Several barriers exist to scaling interventions like virtual visits.23 Reimbursement for asynchronous visits is limited in traditional fee-for-service and is governed at the state level. For example, licensure requirements, particularly the need to have state-level credentials, preclude clinicians from providing virtual visits to their out-of-state patients. Availability and usability of an Internet-equipped device and an Internet connection are required and may exacerbate a socioeconomic “digital divide.”24

Our study has limitations. First, our use of a quasi-experimental design precludes causal inference, despite use of propensity score analysis and further difference-in-differences adjustment. For example, we could not control for a patient’s communication mode preference, access to the Internet, literacy, computer literacy, access to home blood pressure monitoring, or reasons why a patient was chosen for a virtual visit.
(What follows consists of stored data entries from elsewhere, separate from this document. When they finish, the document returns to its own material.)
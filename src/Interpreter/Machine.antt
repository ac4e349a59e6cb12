-- ===== src/Interpreter/Machine.antt =====
-- crates/syllog-interpreter/src/lib.rs: limits, errors, the machine, and the two counters that every
-- step charges. An action runs on the machine and the locals of the current frame; an error ends the
-- whole run, so it carries no state.
use syllog.Prelude.{ℕ, ◌*◌, List, Option, ltb, if◌then◌else◌, saturating_add}
use syllog.Ir.Syntax.{DefId}
use syllog.Ir.Verify.Errors.{VerificationError}
use syllog.Interpreter.Value.{Value}

pub record InterpreterLimits : Type 0 where
  pub max_instructions : ℕ
  pub max_call_depth : ℕ
  pub max_allocated_bytes : ℕ
  pub max_output_bytes : ℕ

unfoldable pub default_limits : InterpreterLimits
default_limits = record {
  max_instructions = 1_000_000;
  max_call_depth = 256;
  max_allocated_bytes = 64 * 1024 * 1024;
  max_output_bytes = 1024 * 1024;
}

-- The message of a `Trap`, one constructor for each text in the source.
pub data TrapMessage : Type 0 where
  u64_addition_overflow u64_subtraction_overflow u64_multiplication_overflow : TrapMessage
  u64_division_by_zero i64_addition_overflow i64_subtraction_overflow : TrapMessage
  i64_multiplication_overflow i64_division_failure invalid_binary_types : TrapMessage
  negative_switch_value switch_not_integer discriminant_not_aggregate : TrapMessage
  field_base_empty field_base_not_aggregate field_out_of_range : TrapMessage
  invalid_argument_count absent_block_target return_destination_empty : TrapMessage
  local_empty moved_local_empty local_out_of_range drop_target_empty : TrapMessage

-- `InvalidMir` holds the debug print of the errors; here it holds the errors.
pub data RuntimeError : Type 0 where
  invalid_mir : List VerificationError → RuntimeError
  missing_entry : DefId → RuntimeError
  instruction_limit_exceeded call_depth_limit_exceeded : ℕ → RuntimeError
  allocation_limit_exceeded output_limit_exceeded : ℕ → RuntimeError
  trap : TrapMessage → RuntimeError

-- `fail` is `Err`, `panic` a Rust panic (a failed `expect`, an index out of range), and
-- `out_of_fuel` is the model's own.
pub data Outcome (A : Type 0) : Type 0 where
  done : A → Outcome A
  fail : RuntimeError → Outcome A
  panic out_of_fuel : Outcome A

abbrev pub Locals : Type 0
Locals = List (Option Value)

pub record Machine : Type 0 where
  pub instructions : ℕ
  pub allocated_bytes : ℕ
  pub stdout : List ℕ
  pub drops_executed : ℕ

pub record State : Type 0 where
  pub machine : Machine
  pub locals : Locals

abbrev pub M : Type 0 → Type 0
M A = State → Outcome (A × State)

infixl 5 ◌>>=◌ ◌>>◌
abbrev pub ◌>>=◌ : {A B : Type 0} → M A → (A → M B) → M B
◌>>=◌ m f s = elim (m s) [
  | done (a, s') ↦ f a s'
  | fail e ↦ fail e
  | panic ↦ panic
  | out_of_fuel ↦ out_of_fuel
]

abbrev pub ◌>>◌ : {B : Type 0} → M (Unit {0}) → M B → M B
m >> k = m >>= λ _. k

abbrev pub pure : {A : Type 0} → A → M A
pure a s = done (a, s)

abbrev pub trap_with : {A : Type 0} → TrapMessage → M A
trap_with message s = fail (trap message)

module _ (limits : InterpreterLimits) where
  unfoldable pub tick : M (Unit {0})
  tick s =
      let n = saturating_add s.machine.instructions 1 in
      if ltb limits.max_instructions n
      then fail (instruction_limit_exceeded limits.max_instructions)
      else done (tt, record s { machine = record (s.machine) { instructions = n } })

  unfoldable pub charge_allocation : ℕ → M (Unit {0})
  charge_allocation bytes s =
      let n = saturating_add s.machine.allocated_bytes bytes in
      if ltb limits.max_allocated_bytes n
      then fail (allocation_limit_exceeded limits.max_allocated_bytes)
      else done (tt, record s { machine = record (s.machine) { allocated_bytes = n } })
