-- ===== src/Interpreter/Arith.antt =====
-- crates/syllog-interpreter/src/lib.rs: `Machine::binary`, over checked 64-bit arithmetic.
use syllog.Prelude.{
  ℕ, ◌+◌, ◌-◌, ◌*◌, ◌/◌, ◌^◌, Bool, ◌&&◌, ◌||◌, ltb, leb, ◌==◌, if◌then◌else◌, u64_max,
}
use syllog.Prelude.Int.{ℤ, pos_part, neg_part, ◌+ℤ◌, ◌-ℤ◌, ◌*ℤ◌, ◌/ℤ◌, ltb_ℤ}
use syllog.Ir.Syntax.{BinaryOp, add, subtract, multiply, divide, equal, less, and, or}
use syllog.Interpreter.Value.{Value, bool, i64, u64, value_eq}
use syllog.Interpreter.Machine

-- `checked_add` and its like for `u64`, on the exact result.
abbrev pub checked_u64 : ℕ → Machine.TrapMessage → Machine.Outcome Value
checked_u64 n message =
    if leb n u64_max then Machine.done (u64 n) else Machine.fail (Machine.trap message)

abbrev pub in_i64 : ℤ → Bool
in_i64 n = leb (pos_part n) (2 ^ 63 - 1) && leb (neg_part n) (2 ^ 63)

abbrev pub checked_i64 : ℤ → Machine.TrapMessage → Machine.Outcome Value
checked_i64 n message =
    if in_i64 n then Machine.done (i64 n) else Machine.fail (Machine.trap message)

abbrev is_zero : ℤ → Bool
is_zero n = pos_part n == 0 && neg_part n == 0

unfoldable pub binary : BinaryOp → Value → Value → Machine.Outcome Value
binary add (u64 a) (u64 b) = checked_u64 (a + b) Machine.u64_addition_overflow
binary subtract (u64 a) (u64 b) =
    if ltb a b
    then Machine.fail (Machine.trap Machine.u64_subtraction_overflow)
    else Machine.done (u64 (a - b))
binary multiply (u64 a) (u64 b) = checked_u64 (a * b) Machine.u64_multiplication_overflow
binary divide (u64 a) (u64 b) =
    if b == 0
    then Machine.fail (Machine.trap Machine.u64_division_by_zero)
    else Machine.done (u64 (a / b))
binary add (i64 a) (i64 b) = checked_i64 (a +ℤ b) Machine.i64_addition_overflow
binary subtract (i64 a) (i64 b) = checked_i64 (a -ℤ b) Machine.i64_subtraction_overflow
binary multiply (i64 a) (i64 b) = checked_i64 (a *ℤ b) Machine.i64_multiplication_overflow
binary divide (i64 a) (i64 b) =
    if is_zero b
    then Machine.fail (Machine.trap Machine.i64_division_failure)
    else checked_i64 (a /ℤ b) Machine.i64_division_failure
binary equal left right = Machine.done (bool (value_eq left right))
binary less (u64 a) (u64 b) = Machine.done (bool (ltb a b))
binary less (i64 a) (i64 b) = Machine.done (bool (ltb_ℤ a b))
binary and (bool a) (bool b) = Machine.done (bool (a && b))
binary or (bool a) (bool b) = Machine.done (bool (a || b))
binary _ _ _ = Machine.fail (Machine.trap Machine.invalid_binary_types)
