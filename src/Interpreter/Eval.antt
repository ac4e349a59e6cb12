-- ===== src/Interpreter/Eval.antt =====
-- crates/syllog-interpreter/src/lib.rs: locals, operands, places, assignments, drops and the
-- computations of an assignment. A conversion of a `u32` index to `usize` cannot fail, so its error
-- is left out.
use Prim.Native.String.{len}
use syllog.Prelude.{
  ℕ, ◌*◌, true, false, List, [], ◌∷◌, Option, none, some, get_elem?, set, min, saturating_add,
  u64_max,
}
use syllog.Prelude.Int.{pos, negsuc}
use syllog.Ir.Syntax.{
  LocalId, Constant, Operand, constant, copy, move, Place, Rvalue, borrow, use_operand,
  discriminant, Statement, assign, drop,
}
use syllog.Interpreter.Value.{
  Value, reference, unit, bool, i64, u64, string, Values, nil, cons, values_length, get_value?,
  set_value,
}
use syllog.Interpreter.Machine.{
  InterpreterLimits, TrapMessage, negative_switch_value, switch_not_integer,
  discriminant_not_aggregate, field_base_empty, field_base_not_aggregate, field_out_of_range,
  local_empty, moved_local_empty, local_out_of_range, drop_target_empty, trap, Outcome, done, fail,
  M, ◌>>=◌, ◌>>◌, pure, trap_with, charge_allocation,
}
use syllog.Interpreter.Arith

-- A pure result inside an action.
abbrev pub lift : {A : Type 0} → Outcome A → M A
lift r s = elim r [
  | done a ↦ done (a, s)
  | fail e ↦ fail e
  | Outcome.panic ↦ Outcome.panic
  | Outcome.out_of_fuel ↦ Outcome.out_of_fuel
]

unfoldable pub local_value : LocalId → M Value
local_value l s = elim (get_elem? s.locals l) [
  | none ↦ fail (trap local_empty)
  | some none ↦ fail (trap local_empty)
  | some (some v) ↦ done (v, s)
]

-- `local_value_mut(locals, local)?`: what the slot holds.
unfoldable pub local_value_mut : LocalId → M (Option Value)
local_value_mut l s = elim (get_elem? s.locals l) [
  | none ↦ fail (trap local_out_of_range)
  | some slot ↦ done (slot, s)
]

-- A write through the slot that `local_value_mut` returned.
unfoldable pub write_local : LocalId → Option Value → M (Unit {0})
write_local l slot s = done (tt, record s { locals = set s.locals l slot })

-- `.take().ok_or_else(|| trap(message))` on a slot.
unfoldable pub take_local : LocalId → TrapMessage → M Value
unfolding local_value_mut write_local
take_local l message = do
  slot ← local_value_mut l
  write_local l none
  elim slot [ none ↦ trap_with message | some v ↦ pure v ]

module _ (limits : InterpreterLimits) where
  unfoldable pub constant_value : Constant → M Value
  constant_value Constant.unit = pure unit
  constant_value (Constant.bool b) = pure (bool b)
  constant_value (Constant.i64 n) = pure (i64 n)
  constant_value (Constant.u64 n) = pure (u64 n)
  constant_value (Constant.string text) = do
    charge_allocation limits (min (len text) u64_max)
    pure (string text)

  unfoldable pub operand : Operand → M Value
  operand (constant c) = constant_value c
  operand (copy l) = local_value l
  operand (move l) = take_local l moved_local_empty

  unfoldable pub operands : List Operand → M Values
  operands [] = pure nil
  operands (o ∷ os) = do v ← operand o; vs ← operands os; pure (cons v vs)

-- `fields.get(field)` of a value that should be an aggregate.
unfoldable pub field_of : Value → ℕ → Outcome Value
field_of (Value.aggregate tag fields) index = elim (get_value? fields index) [
  | none ↦ fail (trap field_out_of_range)
  | some v ↦ done v
]
field_of _ index = fail (trap field_base_not_aggregate)

-- The aggregate with one field written.
unfoldable pub with_field : Value → ℕ → Value → Outcome Value
with_field (Value.aggregate tag fields) index value = elim (get_value? fields index) [
  | none ↦ fail (trap field_out_of_range)
  | some _ ↦ done (Value.aggregate tag (set_value fields index value))
]
with_field _ index value = fail (trap field_base_not_aggregate)

-- A write of one field of the aggregate that a local holds.
unfoldable pub write_field : LocalId → ℕ → Value → M (Unit {0})
write_field base index value = do
  slot ← local_value_mut base
  aggregate ← elim slot [ none ↦ trap_with field_base_empty | some v ↦ pure v ]
  written ← lift (with_field aggregate index value)
  write_local base (some written)

unfoldable pub assign_place : Place → Value → M (Unit {0})
assign_place (Place.local l) value = do _ ← local_value_mut l; write_local l (some value)
assign_place (Place.field base index) value = write_field base index value

unfoldable pub read_place : Place → M Value
read_place (Place.local l) = local_value l
read_place (Place.field base index) = do
  aggregate ← local_value base
  lift (field_of aggregate index)

unfoldable pub count_drop : M (Unit {0})
count_drop s = done (
  tt,
  record s {
    machine = record (s.machine) { drops_executed = saturating_add s.machine.drops_executed 1 };
  },
)

unfoldable pub drop_place : Place → M (Unit {0})
unfolding count_drop
drop_place (Place.local l) = do _ ← take_local l drop_target_empty; count_drop
drop_place (Place.field base index) = do write_field base index unit; count_drop

-- `Value::Aggregate { discriminant, .. } => Ok(Value::U64(discriminant))`
unfoldable pub discriminant_of : Value → Outcome Value
discriminant_of (Value.aggregate tag fields) = done (u64 tag)
discriminant_of _ = fail (trap discriminant_not_aggregate)

unfoldable pub switch_value : Value → Outcome ℕ
switch_value (bool true) = done 1
switch_value (bool false) = done 0
switch_value (u64 n) = done n
switch_value (i64 (pos n)) = done n
switch_value (i64 (negsuc n)) = fail (trap negative_switch_value)
switch_value _ = fail (trap switch_not_integer)

module _ (limits : InterpreterLimits) where
  unfoldable pub rvalue : Rvalue → M Value
  rvalue (borrow mutable place) = do v ← read_place place; pure (reference v)
  rvalue (use_operand o) = operand limits o
  rvalue (discriminant o) = do v ← operand limits o; lift (discriminant_of v)
  rvalue (Rvalue.aggregate id tag fields) = do
    vs ← operands limits fields
    charge_allocation limits (min (min (values_length vs) u64_max * 16) u64_max)
    pure (Value.aggregate tag vs)
  rvalue (Rvalue.binary op left right) = do
    l ← operand limits left
    r ← operand limits right
    lift (Arith.binary op l r)

  unfoldable pub integer_operand : Operand → M ℕ
  integer_operand o = do v ← operand limits o; lift (switch_value v)

  unfoldable pub execute_statement : Statement → M (Unit {0})
  execute_statement (assign destination value) = do v ← rvalue value; assign_place destination v
  execute_statement (drop place) = drop_place place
The pragmatic implementation of the virtual visit also precluded standardization, calibration, or training with a blood pressure device. The inclusion of home-based blood pressure, often lower than office-based blood pressure, could have biased results toward the exposure group. Of note, it is unlikely that patients chose a MGH practice based on the presence or absence of virtual visits due to the slow, geographically sporadic, and unpublicized roll-out. Second, our cohort was from a one-region network of clinics and was mostly middle-aged, White, and privately insured, precluding broad generalizability of virtual visits’ impact to other socioeconomic groups. Further testing will be required in more diverse populations. Of note, due to enterprise-wide contracting, changes in insurance plans would affect patients equally. Third, we cannot comment on how virtual visits might impact patients with very poorly controlled blood pressure, as our sample size of patients with very poor control was small (n = 21). We performed a subgroup analysis of those without satisfactory blood pressure control and found an even more pronounced association on primary care utilization. Fourth, we do not have data on patients who were offered and refused a virtual visit. Fifth, we did not capture telephone visits as part of utilization, but even if increased, they offer a more efficient point of contact than an in-person office visit.25,26

CONCLUSIONS

In this propensity-matched, difference-in-differences adjusted cohort of primary care patients with reasonably well-controlled hypertension, exposure to a virtual visit was associated with equivalent blood pressure control and reduced in-office primary care utilization without increasing other utilization.